» **WORK TO COMPLETE**: For the data below, restate word for word only the lines from the line containing "w.tables.jobs ≡ some row" through the line containing "row'.status ≡ dead_letter)", both ends included.

» **MATERIAL TO PROCESS**:
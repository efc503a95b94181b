-- ===== src/Worker/Outcomes.antt =====
-- What becomes of a job in a worker with the handlers of cmd/worker/main.go
-- (internal/worker/pool.go, internal/worker/handler.go).
use mathlib.Core.Option.{some-injective}
use distributed_task_schedul.Worker.Handlers.{
  Outside, send_email_handler, register_handlers, process_payment_handler, generate_report_handler,
  webhook_call_handler, data_cleanup_handler,
}
use distributed_task_schedul.Worker.Execution.{run_with_recovery, World, execute_job, Times}
use distributed_task_schedul.Worker.Registry.{
  get_handler, JobHandler, register, set_handler, returns,
}
use distributed_task_schedul.Queue.Redis.{Codec, Redis}
use distributed_task_schedul.Worker.Served.{
  Kind, kind_name, Accepts, email, payment, report, webhook, cleanup, send_email-Accepts,
  Accepts-send_email, process_payment-Accepts, Accepts-process_payment, generate_report-Accepts,
  Accepts-generate_report, call_webhook-Accepts, Accepts-call_webhook, clean_up-Accepts,
  Accepts-clean_up,
}
use distributed_task_schedul.Models.Job.{Job}
use distributed_task_schedul.Store.Tables.{Postgres, Row, find_row}
use distributed_task_schedul.Prelude.{
  ◌≡◌, ℕ, some, subst, String, true, Bool-cases, Option, str_eq, ◌⊎◌, none, inl, eq_iff, inr,
  Option-cases, refl, arith, ap, sym, ◌∙◌,
}
use distributed_task_schedul.Errors.{Error, errorf}
use distributed_task_schedul.Worker.Failures.{fails_with, served, execute_job-dead_letter}
use distributed_task_schedul.Models.Status.{completed, dead_letter}
use distributed_task_schedul.Worker.Success.{execute_job-completes}

abbrev handler_of : Outside → Kind → JobHandler
handler_of o email = send_email_handler o
handler_of o payment = process_payment_handler o
handler_of o report = generate_report_handler o
handler_of o webhook = webhook_call_handler o
handler_of o cleanup = data_cleanup_handler o

handler_of-Accepts :
    (o : Outside) (k : Kind) (j : Job)
    → (run_with_recovery (handler_of o k) j ≡ true → Accepts o k j)
      × (Accepts o k j → (handler_of o k).execute j ≡ returns none)
unfolding run_with_recovery send_email_handler process_payment_handler generate_report_handler
    webhook_call_handler data_cleanup_handler
handler_of-Accepts o email j =
    (λ h. send_email-Accepts o j (ground (arith, h)), λ a. ap returns (Accepts-send_email o j a))
handler_of-Accepts o payment j = (
  λ h. process_payment-Accepts o j (ground (arith, h)),
  λ a. ap returns (Accepts-process_payment o j a),
)
handler_of-Accepts o report j = (
  λ h. generate_report-Accepts o j (ground (arith, h)),
  λ a. ap returns (Accepts-generate_report o j a),
)
handler_of-Accepts o webhook j = (
  λ h. call_webhook-Accepts o j (ground (arith, h)),
  λ a. ap returns (Accepts-call_webhook o j a),
)
handler_of-Accepts o cleanup j =
    (λ h. clean_up-Accepts o j (ground (arith, h)), λ a. ap returns (Accepts-clean_up o j a))

get_handler-kind :
    (o : Outside) (k : Kind)
    → get_handler (kind_name k) (register_handlers o) ≡ some (handler_of o k)
unfolding get_handler register_handlers register set_handler send_email_handler
    process_payment_handler generate_report_handler webhook_call_handler data_cleanup_handler
get_handler-kind o email = refl
get_handler-kind o payment = refl
get_handler-kind o report = refl
get_handler-kind o webhook = refl
get_handler-kind o cleanup = refl

-- The type of a job that has a handler is one of the five.
get_handler-kinds :
    (o : Outside) (t : String) (h : JobHandler)
    → get_handler t (register_handlers o) ≡ some h
    → (k : Kind) × (kind_name k ≡ t)
unfolding get_handler register_handlers register set_handler send_email_handler
    process_payment_handler generate_report_handler webhook_call_handler data_cleanup_handler
get_handler-kinds o t h e = elim (Bool-cases (str_eq "send-email" t)) [
  | inl a ↦ (email, (eq_iff "send-email" t).0 a)
  | inr a ↦ elim (Bool-cases (str_eq "process-payment" t)) [
    | inl b ↦ (payment, (eq_iff "process-payment" t).0 b)
    | inr b ↦ elim (Bool-cases (str_eq "generate-report" t)) [
      | inl c ↦ (report, (eq_iff "generate-report" t).0 c)
      | inr c ↦ elim (Bool-cases (str_eq "webhook-call" t)) [
        | inl d ↦ (webhook, (eq_iff "webhook-call" t).0 d)
        | inr d ↦ elim (Bool-cases (str_eq "data-cleanup" t)) [
          | inl f ↦ (cleanup, (eq_iff "data-cleanup" t).0 f)
          | inr f ↦ ground (arith, a, b, c, d, f, e)
        ]
      ]
    ]
  ]
]

-- Some handler is registered for the job, and accepts it.
abbrev pub Served : Outside → Job → Type 0
Served o j = (k : Kind) × (kind_name k ≡ j.job_type) × Accepts o k j

-- The handler that is found for a job of some kind.
get_handler-kind_of :
    (o : Outside) (k : Kind) (j : Job)
    → kind_name k ≡ j.job_type
    → get_handler j.job_type (register_handlers o) ≡ some (handler_of o k)
get_handler-kind_of o k j e =
    subst (λ t. get_handler t (register_handlers o) ≡ some (handler_of o k)) e
      (get_handler-kind o k)

module _ (c : Codec) (r : Redis c.Blob) (d : Postgres) (id_low : ℕ → ℕ)
    (text : Error → String) where
  Served-runs :
      (o : Outside) (j : Job) (context_error : Option Error)
      → Served o j
      → fails_with c r d id_low text (register_handlers o) context_error j ≡ none
  unfolding run_with_recovery
  Served-runs o j ctx (k, e, a) =
      rw
        (fails_with, get_handler-kind_of o k j e, run_with_recovery, (handler_of-Accepts o k j).1 a)
        refl

  Served-cases :
      (o : Outside) (j : Job) (context_error : Option Error)
      → Served o j
        ⊎ ((e : Option Error) × (fails_with c r d id_low text (register_handlers o) context_error j
              ≡ some e))
  Served-cases o j ctx = elim (Option-cases (get_handler j.job_type (register_handlers o))) [
    | inl n ↦ inr (some (errorf "no handler registered for job type"), rw (fails_with, n) refl)
    | inr (h, n) ↦ elim (Bool-cases (run_with_recovery h j)) [
      | inr f ↦ inr (ctx, rw (fails_with, n, f) refl)
      | inl t ↦
          let (k, e) = get_handler-kinds o j.job_type h n in
          let same : handler_of o k ≡ h =
            some-injective (handler_of o k) h (sym (get_handler-kind_of o k j e) ∙ n) in
          inl (k, e, (handler_of-Accepts o k j).0 (rw same t))
    ]
  ]

  -- Whatever the job, its execution ends with one of two statuses in the store: completed if its type is one of the five, its payload is accepted by the handler of that type and the work is done before its context is; dead_letter else.
  pub execute_job-status :
      (o : Outside) (worker : String) (times : Times) (start_failure context_error : Option Error)
      (j : Job) (w : World r.State) (row : Row)
      → find_row j.id w.tables.jobs ≡ some row
      → let k = served c r d id_low text worker times start_failure context_error in
        let w' = execute_job c r d id_low text (register_handlers o) k j w in
        (row' : Row) × (find_row j.id w'.tables.jobs ≡ some row')
        × (Served o j → row'.status ≡ completed)
        × (¬ (Served o j) → row'.status ≡ dead_letter)
  execute_job-status o worker times start_failure context_error j w row f =
      elim (Served-cases o j context_error) [
        | inl (kind, e, a) ↦
            let (_, _, _, (row', found, status, _)) =
              execute_job-completes c r d id_low text (register_handlers o) worker times
                start_failure context_error j w row (handler_of o kind)
                (get_handler-kind_of o kind j e) ((handler_of-Accepts o kind j).1 a) f in
            (row', found, λ s. status, λ n. elim (n (kind, e, a)) [ ])
        | inr (e, fails) ↦
            let (row', found, status) =
              execute_job-dead_letter c r d id_low text (register_handlers o) worker times
                start_failure context_error j e w row fails f in
            (row', found, λ s. cc (Served-runs o j context_error s, fails), λ n. status)
      ]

» **OUTPUT OF THE TASK**:
      → find_row j.id w.tables.jobs ≡ some row
      → let k = served c r d id_low text worker times start_failure context_error in
        let w' = execute_job c r d id_low text (register_handlers o) k j w in
        (row' : Row) × (find_row j.id w'.tables.jobs ≡ some row')
        × (Served o j → row'.status ≡ completed)
        × (¬ (Served o j) → row'.status ≡ dead_letter)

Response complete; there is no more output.